Primepoint Raises $10M Seed to Automate Construction Drawing Intelligence with AI
Funding Details
$10M
Seed
Construction has a funny way of humbling confidence. One missed note, one overlooked tag, one quiet inconsistency buried deep in a drawing set and suddenly timelines stretch, budgets swell, and everyone starts asking questions that should have been answered weeks ago.
Primepoint just stepped into that tension with $10M in seed funding and a very specific agenda. Make the drawings speak before the problems do. Navitas Capital led the $6M follow-on, building on an earlier $4M co-led by Penny Jar Capital and NextView Ventures, with GS Futures, Aglaé Ventures, and Dr. Yann LeCun in the mix. That is not a casual cap table. That is a group that knows where intelligence compounds and where noise gets expensive.

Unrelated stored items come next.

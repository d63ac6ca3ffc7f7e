-- ===== src/Settings.antt =====
-- The device controls of the Tcl extension (tcluvc.c): the table `UvcCtrlInfo`, and the part of
-- `InitControls`, `GetControls`, `PrintVal` and `SetControls` that is about one control. A control
-- stands for its name, and a value for the numbers that strtol finds between its commas or that
-- are printed between them.
pub mod Laws
mod Tests
use tcluvc.Prelude.{
  ℕ, zero, suc, ◌+◌, ◌-◌, ◌*◌, ◌/◌, ◌%◌, Bool, true, false, Option, none, some, ◌>>=◌, List, [],
  ◌∷◌, ◌++◌, drop, replicate, ltb, ◌==◌, if◌then◌else◌,
}
use tcluvc.Prelude.Int.{ℤ, pos, negsuc}
use tcluvc.Usb
use tcluvc.Usb.{Usb, is_count}
use tcluvc.Bytes.{byte_at, sw_to_short, dw_to_int}
use tcluvc.Descriptors.{DeviceInfo}
use tcluvc.Controls.Transfer.{
  Entity, camera_terminal, processing_unit, selector_unit, entity_id, get_setup, set_setup,
}
use tcluvc.Controls.Table.{
  Control, scanning_mode, ae_mode, ae_priority, exposure_abs, exposure_rel, focus_abs, focus_rel,
  focus_simple_range, focus_auto, iris_abs, iris_rel, zoom_abs, zoom_rel, pantilt_abs, pantilt_rel,
  roll_abs, roll_rel, privacy, digital_window, digital_roi, backlight_compensation, brightness,
  contrast, contrast_auto, gain, power_line_frequency, hue, hue_auto, saturation, sharpness, gamma,
  white_balance_temperature, white_balance_temperature_auto, white_balance_component,
  white_balance_component_auto, digital_multiplier, digital_multiplier_limit, analog_video_standard,
  analog_video_lock_status, input_select,
}
use tcluvc.Avi.Headers.{unsigned}

-- `item_size` is the source's `type`.
pub record CtrlInfo : Type 0 where
  pub unit : Entity
  pub code : ℕ
  pub item_size : ℕ
  pub count : ℕ

abbrev pub row : Entity → ℕ → ℕ → ℕ → CtrlInfo
row unit code item_size count = record {
  unit = unit;
  code = code;
  item_size = item_size;
  count = count;
}

unfoldable pub ctrl_info : Control → CtrlInfo
ctrl_info scanning_mode = row camera_terminal 0x1 1 1
ctrl_info ae_mode = row camera_terminal 0x2 1 1
ctrl_info ae_priority = row camera_terminal 0x3 1 1
ctrl_info exposure_abs = row camera_terminal 0x4 4 1
ctrl_info exposure_rel = row camera_terminal 0x5 1 1
ctrl_info focus_abs = row camera_terminal 0x6 2 1
ctrl_info focus_rel = row camera_terminal 0x7 2 2
ctrl_info focus_simple_range = row camera_terminal 0x12 1 1
ctrl_info focus_auto = row camera_terminal 0x8 1 1
ctrl_info iris_abs = row camera_terminal 0x9 2 1
ctrl_info iris_rel = row camera_terminal 0xa 1 1
ctrl_info zoom_abs = row camera_terminal 0xb 2 1
ctrl_info zoom_rel = row camera_terminal 0xc 1 3
ctrl_info pantilt_abs = row camera_terminal 0xd 4 2
ctrl_info pantilt_rel = row camera_terminal 0xe 1 4
ctrl_info roll_abs = row camera_terminal 0xf 2 1
ctrl_info roll_rel = row camera_terminal 0x10 1 2
ctrl_info privacy = row camera_terminal 0x11 1 1
ctrl_info digital_window = row camera_terminal 0x13 2 6
ctrl_info digital_roi = row camera_terminal 0x14 2 5
ctrl_info backlight_compensation = row processing_unit 0x1 2 1
ctrl_info brightness = row processing_unit 0x2 2 1
ctrl_info contrast = row processing_unit 0x3 2 1
ctrl_info contrast_auto = row processing_unit 0x13 1 1
ctrl_info gain = row processing_unit 0x4 2 1
ctrl_info power_line_frequency = row processing_unit 0x5 1 1
ctrl_info hue = row processing_unit 0x6 2 1
ctrl_info hue_auto = row processing_unit 0x10 1 1
ctrl_info saturation = row processing_unit 0x7 2 1
ctrl_info sharpness = row processing_unit 0x8 2 1
ctrl_info gamma = row processing_unit 0x9 2 1
ctrl_info white_balance_temperature = row processing_unit 0xa 2 1
ctrl_info white_balance_temperature_auto = row processing_unit 0xb 1 1
ctrl_info white_balance_component = row processing_unit 0xc 2 2
ctrl_info white_balance_component_auto = row processing_unit 0xd 1 1
ctrl_info digital_multiplier = row processing_unit 0xe 2 1
ctrl_info digital_multiplier_limit = row processing_unit 0xf 2 1
ctrl_info analog_video_standard = row processing_unit 0x11 1 1
ctrl_info analog_video_lock_status = row processing_unit 0x12 1 1
ctrl_info input_select = row selector_unit 0x1 1 1

-- A property that the device does not have is `none`.
pub record Uctrl : Type 0 where
  pub info : CtrlInfo
  pub cur : List ℕ
  pub least : Option (List ℕ)
  pub most : Option (List ℕ)
  pub res : Option (List ℕ)
  pub def : Option (List ℕ)

abbrev pub data_size : CtrlInfo → ℕ
data_size i = i.item_size * i.count

-- The bytes of one number, low byte first; other sizes store nothing.
unfoldable pub put_item : ℕ → ℤ → List ℕ
put_item size v =
    let u = unsigned v in
    if size == 1
    then u % 256 ∷ []
    else if size == 2
    then u % 256 ∷ u / 256 % 256 ∷ []
    else if size == 4
    then u % 256 ∷ u / 256 % 256 ∷ u / 65536 % 256 ∷ u / 16777216 % 256 ∷ []
    else []

-- What the value does not give stays as it is.
unfoldable pub set_items : ℕ → ℕ → List ℤ → List ℕ → List ℕ
unfolding put_item
set_items size zero vs cur = cur
set_items size (suc k) [] cur = cur
set_items size (suc k) (v ∷ vs) cur = put_item size v ++ set_items size k vs (drop size cur)

-- `%d` of the `int` that the bytes make.
unfoldable pub print_item : ℕ → List ℕ → ℤ
unfolding byte_at sw_to_short dw_to_int
print_item size p =
    if size == 1
    then pos (byte_at p 0)
    else if size == 2
    then pos (sw_to_short p 0)
    else if size == 4
    then (if ltb (dw_to_int p 0) 2147483648
        then pos (dw_to_int p 0)
        else negsuc (4294967295 - dw_to_int p 0))
    else pos 0

unfoldable pub print_val : ℕ → ℕ → List ℕ → List ℤ
unfolding print_item
print_val size zero p = []
print_val size (suc k) p = print_item size p ∷ print_val size k (drop size p)

module _ (usb : Usb) where
  open usb use {World, control_transfer}

  -- A request for a property of a control, which counts if all bytes come.
  unfoldable pub get_property : World → DeviceInfo → ℕ → CtrlInfo → ℕ → Option (List ℕ) × World
  get_property w d id i req =
      let (ret, bytes, w') =
        control_transfer w (get_setup d id i.code req) (replicate (data_size i) 0) (data_size i) in
      ((if is_count ret (data_size i) then some bytes else none), w')

  -- One round of the loop of `InitControls`: UVC_GET_CUR, then MIN, MAX, RES and DEF.
  unfoldable pub init_control : World → DeviceInfo → CtrlInfo → Option Uctrl × World
  unfolding get_property
  init_control w d i = elim (entity_id d i.unit) [
    | none ↦ (none, w)
    | some id ↦
        let (cur, w₀) = get_property w d id i Usb.Request.get_cur in
        let (least, w₁) = get_property w₀ d id i 0x82 in
        let (most, w₂) = get_property w₁ d id i Usb.Request.get_max in
        let (res, w₃) = get_property w₂ d id i 0x84 in
        let (def, w₄) = get_property w₃ d id i 0x87 in
        elim cur [
          | none ↦ (none, w₀)
          | some bytes ↦ (
            some (record {
              info = i;
              cur = bytes;
              least = least;
              most = most;
              res = res;
              def = def;
            }),
            w₄,
          )
        ]
  ]

  -- `GetControls` for the value of one control: the result of the transfer is not looked at. `none`
  -- where the code reads through a NULL pointer.
  unfoldable pub get_control_value : World → DeviceInfo → Uctrl → Option (List ℤ × Uctrl × World)
  unfolding print_val
  get_control_value w d c = entity_id d c.info.unit >>= λ id.
      let (_, cur, w') =
        control_transfer w (get_setup d id c.info.code Usb.Request.get_cur) c.cur
          (data_size c.info) in
      some (print_val c.info.item_size c.info.count cur, record c { cur = cur }, w')

  -- `SetControls` for one control and its value; `true` is TCL_OK.
  unfoldable pub set_control_value :
      World → DeviceInfo → Uctrl → List ℤ → Option (Bool × Uctrl × World)
  unfolding set_items
  set_control_value w d c vs =
      let cur = set_items c.info.item_size c.info.count vs c.cur in
      entity_id d c.info.unit >>= λ id.
      let (ret, cur', w') =
        control_transfer w (set_setup d id c.info.code) cur (data_size c.info) in
      some (is_count ret (data_size c.info), record c { cur = cur' }, w')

Big respect to Lubomir Bourdev, PhD, CEO, and Hamid Palo, Co-founder, for building something that does not just read construction drawings, but actually understands them. That distinction is where most software taps out. Anyone can digitize documents. Very few can connect linework, tags, specs, RFIs, and submittals into something that behaves like a system instead of a filing cabinet dressed up with search.
Primepoint is not guessing. It is grounding every answer in the documents themselves, threading context across entire project sets, and dropping an AI assistant named Marvin directly into the workflow. Not hovering above it. Living inside it. That is where trust gets built and where adoption stops being a slide deck and starts being muscle memory.
And here is the part most people underestimate. Construction does not have a data problem. It has a comprehension problem. Hundreds of billions of dollars leak out through rework, delays, and manual reviews because critical information hides in plain sight. Primepoint is turning that chaos into something queryable, traceable, and usable at speed.
Early traction with Sundt Construction and deployments on an Aeronautical University project in Arizona signal this is not theory. This is jobsite reality getting sharper. Expansion into data centers, higher education, and residential projects is less about ambition and more about inevitability.
This is what happens when real AI pedigree meets a real-world problem that has been waiting long enough. $10M says the market is paying attention. The rest will be decided in the field, where drawings either cost you money or make you money.